### [Problem description]
Extract the lines that carry the string "allocated" from the listing.

### [Dataset excerpts]
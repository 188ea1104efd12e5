-- ===== src/AddressSpace/Lifecycle.antt =====
-- Mapping and unmapping in sequence: enabling, destroying, and adding then removing a region.
use vart.Common.{
  ℕ, ◌≡◌, refl, sym, ap, ◌∙◌, subst, ◌⊎◌, inl, inr, Bool, Option, none, some, List, [], ◌∷◌, arith,
  ℕ_discrete, Bool-cases, ==_refl, ==_ne, In, done, update, update_ne, Once, remove_first-append,
}
use vart.AddressSpace.Defs.{Region, World}
use vart.AddressSpace.Ops.{same_pointer, add, remove, set_enabled, unlink_all, space_destroy}
use vart.AddressSpace.Invariant.{IsMapped, IsWell, SameShape, IsRegion-same, AllApart-same}
use vart.AddressSpace.Preserve.{added, removed, add-cases}

-- The links are as they were.
abbrev SameLinks : (ℕ → Region) → (ℕ → Region) → Type 0
SameLinks old new = (q : ℕ) → (new q).address_space ≡ (old q).address_space

IsMapped-same :
    (old new : ℕ → Region) (s : ℕ) (mapped : List ℕ)
    → SameShape old new
    → SameLinks old new
    → IsMapped old s mapped
    → IsMapped new s mapped
IsMapped-same old new s mapped same links v = record {
  valid = IsRegion-same old new same mapped v.valid;
  apart = AllApart-same old new same mapped v.apart;
  once = v.once;
  linked = λ q. ((λ i. links q ∙ (v.linked q).0 i), (λ l. (v.linked q).1 (sym (links q) ∙ l)));
}

enabled-same :
    (regions : ℕ → Region) (r : ℕ) (enabled : Bool)
    → let new = update regions r (record (regions r) { enabled = enabled }) in
      SameShape regions new × SameLinks regions new
enabled-same regions r enabled = ((λ q. ground arith), (λ q. ground arith))

-- A region that is not in the list stays as it is.
unlink_all-ne :
    (regions : ℕ → Region) (rs : List ℕ) (q : ℕ) → ¬ In q rs → unlink_all regions rs q ≡ regions q
unfolding unlink_all
unlink_all-ne regions [] q n = refl
unlink_all-ne regions (r ∷ rs) q n =
    unlink_all-ne (update regions r (record (regions r) { address_space = none })) rs q
      (λ m. n (inr m))
    ∙ update_ne regions r q _ (λ e. n (inl (sym e)))

-- One that is in the list loses its link, and nothing else.
unlink_all-In :
    (regions : ℕ → Region) (rs : List ℕ) (q : ℕ)
    → Once rs
    → In q rs
    → unlink_all regions rs q ≡ record (regions q) { address_space = none }
unfolding unlink_all
unlink_all-In regions [] q o m = elim m [ ]
unlink_all-In regions (r ∷ rs) q o (inl e) =
    unlink_all-ne (update regions r (record (regions r) { address_space = none })) rs q
      (λ m. o.0 (subst (λ p. In p rs) e m))
    ∙ ground arith
unlink_all-In regions (r ∷ rs) q o (inr m) =
    unlink_all-In (update regions r (record (regions r) { address_space = none })) rs q o.1 m
    ∙ ap (λ (p : Region). record p { address_space = none })
        (update_ne regions r q _ (λ e. o.0 (subst (λ p. In p rs) (sym e) m)))

In-dec : (q : ℕ) (rs : List ℕ) → In q rs ⊎ (¬ In q rs)
In-dec q [] = inr (λ m. m)
In-dec q (r ∷ rs) = elim (ℕ_discrete q r) [
  | yes e ↦ inl (inl e)
  | no d ↦ elim (In-dec q rs) [
    | inl m ↦ inl (inr m)
    | inr n ↦ inr (λ m. elim m [ inl e ↦ d e | inr i ↦ n i ])
  ]
]

unlink_all-SameShape :
    (regions : ℕ → Region) (rs : List ℕ) → Once rs → SameShape regions (unlink_all regions rs)
unlink_all-SameShape regions rs o q = elim (In-dec q rs) [
  | inl m ↦ ground (arith, unlink_all-In regions rs q o m)
  | inr n ↦ ground (arith, unlink_all-ne regions rs q n)
]

module _ {D : Type 0} (w : World D) where
  -- `vart_address_space_set_enabled` keeps every address space well formed: enabling a region that
  -- was disabled brings no ambiguity, since `vart_address_space_add` looks at disabled ones too.
  pub set_enabled-IsWell :
      (s r : Option ℕ) (enabled : Bool) → IsWell w → IsWell (set_enabled w s r enabled).0
  unfolding set_enabled
  set_enabled-IsWell none r enabled v = v
  set_enabled-IsWell (some s) none enabled v = v
  set_enabled-IsWell (some s) (some r) enabled v =
      elim (Bool-cases (same_pointer (w.region r).address_space (some s))) [
        | inr ne ↦ rw ne v
        | inl hit ↦ rw hit (record {
          mapped = λ u.
              IsMapped-same w.region (update w.region r (record (w.region r) { enabled = enabled }))
                u _ (enabled-same w.region r enabled).0 (enabled-same w.region r enabled).1
                (v.mapped u);
        })
      ]

  -- What `vart_address_space_remove` undoes, for a region that the space does not hold.
  pub remove-added :
      (s r : ℕ) (allocated : Bool) {v : World D}
      → ¬ In r (w.space s).regions
      → add w (some s) (some r) allocated ≡ (v, done)
      → (u : World D) × (remove v (some s) (some r) ≡ (u, done))
        × ((u.space s).regions ≡ (w.space s).regions)
        × ((v.region r).address_space ≡ some s)
        × ((u.region r).address_space ≡ none)
  unfolding remove
  remove-added s r allocated {v} absent h = elim (add-cases w s r allocated) [
    | inl (e, f) ↦ absurd (ground arith)
    | inr (capacity, free, clear, f) ↦
        let e : v ≡ added w s r capacity = ground arith in
        rw e (
          removed (added w s r capacity) s r (w.space s).regions,
          ground (arith, remove_first-append r (w.space s).regions absent),
          ground arith,
          ground arith,
          ground arith,
        )
  ]

  -- A region that was added can be removed again: the space then holds the regions that it held, in
  -- their order, and the region is free, so that it can be mapped elsewhere.
  pub remove-add :
      (s r : ℕ) (allocated : Bool) {v : World D}
      → IsWell w
      → add w (some s) (some r) allocated ≡ (v, done)
      → (u : World D) × (remove v (some s) (some r) ≡ (u, done))
        × ((u.space s).regions ≡ (w.space s).regions)
        × ((u.region r).address_space ≡ none)
  remove-add s r allocated {v} well h = elim (add-cases w s r allocated) [
    | inl (e, f) ↦ absurd (ground arith)
    | inr (capacity, free, clear, f) ↦
        let absent : ¬ In r (w.space s).regions =
          λ m. (let l = ((well.mapped s).linked r).0 m in absurd (ground arith)) in
        let (u, gone, held, link, unlinked) = remove-added s r allocated absent h in
        (u, gone, held, unlinked)
  ]

  destroyed-IsMapped :
      (s t : ℕ)
      → IsWell w
      → IsMapped (space_destroy w s).region t ((space_destroy w s).space t).regions
  unfolding space_destroy
  destroyed-IsMapped s t v = elim (ℕ_discrete t s) [
    | yes e ↦
        rw (e, ==_refl)
          (record {
            valid = tt;
            apart = tt;
            once = tt;
            linked = λ q. ((λ m. elim m [ ]), (λ l. absurd (unlinked q l)));
          })
    | no d ↦ rw (==_ne s t (λ h. d (sym h))) (record {
      valid = IsRegion-same w.region new same _ (v.mapped t).valid;
      apart = AllApart-same w.region new same _ (v.mapped t).apart;
      once = (v.mapped t).once;
      linked = λ q. elim (In-dec q (w.space s).regions) [
        | inl m ↦
            let gone : (new q).address_space ≡ none =
              ap (λ (p : Region). p.address_space) (unlink_all-In w.region _ q once m) in
            let ours = ((v.mapped s).linked q).0 m in
            (
              (λ i. let theirs = ((v.mapped t).linked q).0 i in absurd (d (ground arith))),
              (λ l. absurd (ground arith)),
            )
        | inr n ↦
            let kept = ap (λ (p : Region). p.address_space) (unlink_all-ne w.region _ q n) in
            (
              (λ i. kept ∙ ((v.mapped t).linked q).0 i),
              (λ l. ((v.mapped t).linked q).1 (sym kept ∙ l)),
            )
      ];
    })
  ]
    where
      once : Once (w.space s).regions
      once = (v.mapped s).once

      new : ℕ → Region
      new = unlink_all w.region (w.space s).regions

      same : SameShape w.region new
      same = unlink_all-SameShape w.region (w.space s).regions once

      unlinked : (q : ℕ) → (new q).address_space ≡ some s → ⊥
      unlinked q l = elim (In-dec q (w.space s).regions) [
        | inl m ↦
            let gone = ap (λ (p : Region). p.address_space) (unlink_all-In w.region _ q once m) in
            ground arith
        | inr n ↦
            let kept = ap (λ (p : Region). p.address_space) (unlink_all-ne w.region _ q n) in
            n (((v.mapped s).linked q).1 (sym kept ∙ l))
      ]

  -- `vart_address_space_destroy` keeps the invariant: the other spaces are as they were, and every
  -- region of the destroyed space is free again, with its range and its settings unchanged.
  pub space_destroy-IsWell :
      (s : ℕ)
      → IsWell w
      → IsWell (space_destroy w s)
        × ((q : ℕ)
            → In q (w.space s).regions
            → (space_destroy w s).region q ≡ record (w.region q) { address_space = none })
  unfolding space_destroy
  space_destroy-IsWell s v = (
    record { mapped = λ t. destroyed-IsMapped s t v },
    λ q m. unlink_all-In w.region (w.space s).regions q (v.mapped s).once m,
  )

### [Output]
      (s r : ℕ) (allocated : Bool) {v : World D}
      → add w (some s) (some r) allocated ≡ (v, done)
  remove-added s r allocated {v} absent h = elim (add-cases w s r allocated) [
      (s r : ℕ) (allocated : Bool) {v : World D}
      → add w (some s) (some r) allocated ≡ (v, done)
  remove-add s r allocated {v} well h = elim (add-cases w s r allocated) [
        let (u, gone, held, link, unlinked) = remove-added s r allocated absent h in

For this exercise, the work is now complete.